(Dataset records)
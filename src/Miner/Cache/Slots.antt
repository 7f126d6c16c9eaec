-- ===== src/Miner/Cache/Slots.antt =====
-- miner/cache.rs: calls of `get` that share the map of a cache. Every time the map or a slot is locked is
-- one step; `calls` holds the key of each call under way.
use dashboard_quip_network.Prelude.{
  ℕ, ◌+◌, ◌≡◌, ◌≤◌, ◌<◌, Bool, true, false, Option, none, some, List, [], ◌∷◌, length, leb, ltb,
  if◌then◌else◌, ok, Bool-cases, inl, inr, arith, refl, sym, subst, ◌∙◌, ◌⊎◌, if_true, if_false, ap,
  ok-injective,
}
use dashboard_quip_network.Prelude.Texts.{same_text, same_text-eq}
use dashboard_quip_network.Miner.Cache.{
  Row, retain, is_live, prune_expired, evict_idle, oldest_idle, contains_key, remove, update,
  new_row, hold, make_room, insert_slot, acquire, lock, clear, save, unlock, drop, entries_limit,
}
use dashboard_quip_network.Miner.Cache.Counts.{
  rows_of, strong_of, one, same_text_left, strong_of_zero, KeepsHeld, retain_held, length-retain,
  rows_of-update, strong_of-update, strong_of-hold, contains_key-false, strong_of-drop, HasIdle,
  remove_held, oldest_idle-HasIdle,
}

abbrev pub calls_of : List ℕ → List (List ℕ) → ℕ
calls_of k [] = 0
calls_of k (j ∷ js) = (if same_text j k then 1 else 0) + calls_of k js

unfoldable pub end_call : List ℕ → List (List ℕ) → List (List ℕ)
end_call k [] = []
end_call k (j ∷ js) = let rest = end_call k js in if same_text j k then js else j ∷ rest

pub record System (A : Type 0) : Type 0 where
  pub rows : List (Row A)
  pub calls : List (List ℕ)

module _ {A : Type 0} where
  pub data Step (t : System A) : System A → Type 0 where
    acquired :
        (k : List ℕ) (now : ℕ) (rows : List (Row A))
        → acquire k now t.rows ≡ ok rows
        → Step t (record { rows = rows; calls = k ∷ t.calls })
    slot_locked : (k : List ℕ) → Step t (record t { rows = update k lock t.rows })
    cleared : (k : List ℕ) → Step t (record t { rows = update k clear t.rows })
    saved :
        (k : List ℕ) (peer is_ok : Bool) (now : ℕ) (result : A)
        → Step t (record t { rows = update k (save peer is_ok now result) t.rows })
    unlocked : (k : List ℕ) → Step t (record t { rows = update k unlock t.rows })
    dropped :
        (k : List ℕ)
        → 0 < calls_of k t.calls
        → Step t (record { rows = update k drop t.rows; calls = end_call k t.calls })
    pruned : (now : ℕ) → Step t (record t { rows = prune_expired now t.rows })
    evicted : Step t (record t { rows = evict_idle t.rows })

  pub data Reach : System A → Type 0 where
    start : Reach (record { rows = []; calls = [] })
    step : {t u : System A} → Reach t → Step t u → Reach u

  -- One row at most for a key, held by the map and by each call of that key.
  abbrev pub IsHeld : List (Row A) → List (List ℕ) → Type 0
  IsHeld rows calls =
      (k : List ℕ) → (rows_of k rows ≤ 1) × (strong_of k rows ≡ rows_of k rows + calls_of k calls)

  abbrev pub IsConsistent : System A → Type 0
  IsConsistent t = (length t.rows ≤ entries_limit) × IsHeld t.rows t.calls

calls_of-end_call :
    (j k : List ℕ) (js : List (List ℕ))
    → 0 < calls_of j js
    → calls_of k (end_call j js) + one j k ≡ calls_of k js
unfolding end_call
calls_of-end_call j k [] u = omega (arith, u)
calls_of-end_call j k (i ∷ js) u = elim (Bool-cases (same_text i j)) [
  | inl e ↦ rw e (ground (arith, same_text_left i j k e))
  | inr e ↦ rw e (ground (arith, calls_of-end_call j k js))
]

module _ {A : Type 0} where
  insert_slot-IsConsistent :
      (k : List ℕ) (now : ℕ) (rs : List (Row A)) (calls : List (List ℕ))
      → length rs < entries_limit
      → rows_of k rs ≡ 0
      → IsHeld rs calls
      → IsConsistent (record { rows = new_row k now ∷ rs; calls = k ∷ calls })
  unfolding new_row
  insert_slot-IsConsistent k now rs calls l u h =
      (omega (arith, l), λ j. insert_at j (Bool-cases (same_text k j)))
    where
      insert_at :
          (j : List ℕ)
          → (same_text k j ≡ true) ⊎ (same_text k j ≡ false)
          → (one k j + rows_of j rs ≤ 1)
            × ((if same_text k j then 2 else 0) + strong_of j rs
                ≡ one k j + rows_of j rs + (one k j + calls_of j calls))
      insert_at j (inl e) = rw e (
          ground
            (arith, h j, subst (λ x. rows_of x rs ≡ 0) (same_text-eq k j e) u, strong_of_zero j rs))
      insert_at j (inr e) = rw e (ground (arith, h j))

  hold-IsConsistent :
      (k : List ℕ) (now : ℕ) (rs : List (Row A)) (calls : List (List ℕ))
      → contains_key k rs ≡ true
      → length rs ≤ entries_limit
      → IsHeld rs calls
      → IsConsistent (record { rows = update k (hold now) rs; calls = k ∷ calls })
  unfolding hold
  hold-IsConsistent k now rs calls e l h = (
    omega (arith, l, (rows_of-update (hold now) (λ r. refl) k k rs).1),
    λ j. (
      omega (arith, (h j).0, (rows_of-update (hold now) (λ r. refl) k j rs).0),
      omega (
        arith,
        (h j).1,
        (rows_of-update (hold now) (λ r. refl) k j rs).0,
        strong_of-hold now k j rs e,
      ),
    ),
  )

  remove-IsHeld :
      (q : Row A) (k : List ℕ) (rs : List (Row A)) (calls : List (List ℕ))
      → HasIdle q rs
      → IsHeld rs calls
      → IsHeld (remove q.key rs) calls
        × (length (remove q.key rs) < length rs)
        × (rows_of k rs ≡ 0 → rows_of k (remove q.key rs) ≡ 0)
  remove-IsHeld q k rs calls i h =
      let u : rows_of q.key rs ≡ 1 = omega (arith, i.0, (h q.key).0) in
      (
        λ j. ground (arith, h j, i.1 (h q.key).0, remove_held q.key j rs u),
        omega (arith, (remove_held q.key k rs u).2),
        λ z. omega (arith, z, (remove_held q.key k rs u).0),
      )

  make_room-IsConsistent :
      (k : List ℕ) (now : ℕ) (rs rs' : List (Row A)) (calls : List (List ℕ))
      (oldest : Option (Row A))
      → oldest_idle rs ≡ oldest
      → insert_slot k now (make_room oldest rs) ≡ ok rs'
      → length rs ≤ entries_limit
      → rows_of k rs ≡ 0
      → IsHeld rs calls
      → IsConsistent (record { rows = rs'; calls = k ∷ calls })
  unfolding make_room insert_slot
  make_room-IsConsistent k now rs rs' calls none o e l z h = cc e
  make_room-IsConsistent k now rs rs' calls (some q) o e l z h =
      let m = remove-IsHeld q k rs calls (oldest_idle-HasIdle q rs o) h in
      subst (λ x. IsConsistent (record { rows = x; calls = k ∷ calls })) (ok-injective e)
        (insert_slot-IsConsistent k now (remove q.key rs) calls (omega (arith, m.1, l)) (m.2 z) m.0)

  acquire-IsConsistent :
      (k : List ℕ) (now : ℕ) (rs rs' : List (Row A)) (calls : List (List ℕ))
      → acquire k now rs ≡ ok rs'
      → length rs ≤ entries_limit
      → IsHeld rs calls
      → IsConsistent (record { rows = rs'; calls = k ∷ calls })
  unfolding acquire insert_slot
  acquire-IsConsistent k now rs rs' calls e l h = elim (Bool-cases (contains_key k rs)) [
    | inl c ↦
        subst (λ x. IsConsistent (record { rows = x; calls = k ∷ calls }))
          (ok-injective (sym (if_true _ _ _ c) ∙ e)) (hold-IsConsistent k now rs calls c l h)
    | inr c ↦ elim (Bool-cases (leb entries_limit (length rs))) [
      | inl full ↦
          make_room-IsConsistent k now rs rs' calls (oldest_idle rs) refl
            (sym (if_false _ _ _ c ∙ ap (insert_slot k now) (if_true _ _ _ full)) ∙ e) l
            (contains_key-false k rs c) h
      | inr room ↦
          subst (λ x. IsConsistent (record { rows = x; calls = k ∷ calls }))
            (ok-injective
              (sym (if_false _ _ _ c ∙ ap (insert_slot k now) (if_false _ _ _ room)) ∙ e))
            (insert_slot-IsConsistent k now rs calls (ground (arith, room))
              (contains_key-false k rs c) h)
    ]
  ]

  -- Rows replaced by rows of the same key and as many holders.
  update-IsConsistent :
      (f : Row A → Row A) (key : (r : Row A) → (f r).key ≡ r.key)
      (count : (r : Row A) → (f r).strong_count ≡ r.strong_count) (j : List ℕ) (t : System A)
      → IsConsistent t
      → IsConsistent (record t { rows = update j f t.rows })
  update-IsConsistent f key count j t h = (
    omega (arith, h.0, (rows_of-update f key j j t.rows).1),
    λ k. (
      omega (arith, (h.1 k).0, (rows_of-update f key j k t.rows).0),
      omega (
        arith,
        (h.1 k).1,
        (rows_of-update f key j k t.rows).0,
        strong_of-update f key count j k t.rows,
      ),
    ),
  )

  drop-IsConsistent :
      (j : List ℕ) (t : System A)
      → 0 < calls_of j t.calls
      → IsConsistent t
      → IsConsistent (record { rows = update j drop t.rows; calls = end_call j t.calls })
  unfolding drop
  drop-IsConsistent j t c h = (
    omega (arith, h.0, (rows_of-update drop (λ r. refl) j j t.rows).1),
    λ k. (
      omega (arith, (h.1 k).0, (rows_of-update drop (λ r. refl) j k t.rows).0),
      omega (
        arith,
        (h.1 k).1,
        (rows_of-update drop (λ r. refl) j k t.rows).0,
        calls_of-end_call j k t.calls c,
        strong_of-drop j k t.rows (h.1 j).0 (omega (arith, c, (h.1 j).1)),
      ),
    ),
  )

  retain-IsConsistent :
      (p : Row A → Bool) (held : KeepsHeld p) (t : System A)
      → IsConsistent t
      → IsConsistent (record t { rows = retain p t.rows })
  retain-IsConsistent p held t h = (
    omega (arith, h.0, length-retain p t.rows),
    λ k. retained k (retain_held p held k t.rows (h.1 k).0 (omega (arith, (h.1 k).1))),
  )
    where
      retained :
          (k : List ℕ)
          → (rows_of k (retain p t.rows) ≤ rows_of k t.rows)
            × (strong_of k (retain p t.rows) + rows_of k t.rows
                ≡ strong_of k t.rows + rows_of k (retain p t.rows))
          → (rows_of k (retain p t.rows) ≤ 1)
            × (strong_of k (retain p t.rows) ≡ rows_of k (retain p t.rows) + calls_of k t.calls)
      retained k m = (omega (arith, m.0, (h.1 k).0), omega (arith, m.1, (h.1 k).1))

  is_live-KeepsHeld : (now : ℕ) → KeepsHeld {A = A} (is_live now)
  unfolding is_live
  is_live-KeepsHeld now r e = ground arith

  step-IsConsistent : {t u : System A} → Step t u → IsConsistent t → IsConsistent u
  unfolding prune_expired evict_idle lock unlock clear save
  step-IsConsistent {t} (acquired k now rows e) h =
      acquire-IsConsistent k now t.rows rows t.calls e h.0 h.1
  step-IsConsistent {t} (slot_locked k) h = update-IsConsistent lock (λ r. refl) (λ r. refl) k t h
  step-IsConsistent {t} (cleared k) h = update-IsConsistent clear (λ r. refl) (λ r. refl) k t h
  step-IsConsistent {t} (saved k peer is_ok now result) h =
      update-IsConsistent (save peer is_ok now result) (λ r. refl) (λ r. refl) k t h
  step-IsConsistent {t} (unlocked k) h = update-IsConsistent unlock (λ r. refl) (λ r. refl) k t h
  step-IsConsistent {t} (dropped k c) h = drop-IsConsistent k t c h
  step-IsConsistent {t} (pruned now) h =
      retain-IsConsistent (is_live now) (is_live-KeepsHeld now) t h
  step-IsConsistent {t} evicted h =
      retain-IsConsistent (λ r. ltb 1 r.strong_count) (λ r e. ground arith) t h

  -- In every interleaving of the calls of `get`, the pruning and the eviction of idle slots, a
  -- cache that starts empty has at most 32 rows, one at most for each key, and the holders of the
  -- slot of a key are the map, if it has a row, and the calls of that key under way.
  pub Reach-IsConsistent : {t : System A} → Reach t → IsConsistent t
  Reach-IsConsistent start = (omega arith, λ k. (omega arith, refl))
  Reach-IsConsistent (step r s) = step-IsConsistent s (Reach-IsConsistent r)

What you have to do: Take the lines above from the one containing "make_room-IsConsistent k now rs rs' calls none" down to the one containing "let m = remove-IsHeld", and transcribe them exactly, both ends included.

Exercise output:
  make_room-IsConsistent k now rs rs' calls none o e l z h = cc e
  make_room-IsConsistent k now rs rs' calls (some q) o e l z h =
      let m = remove-IsHeld q k rs calls (oldest_idle-HasIdle q rs o) h in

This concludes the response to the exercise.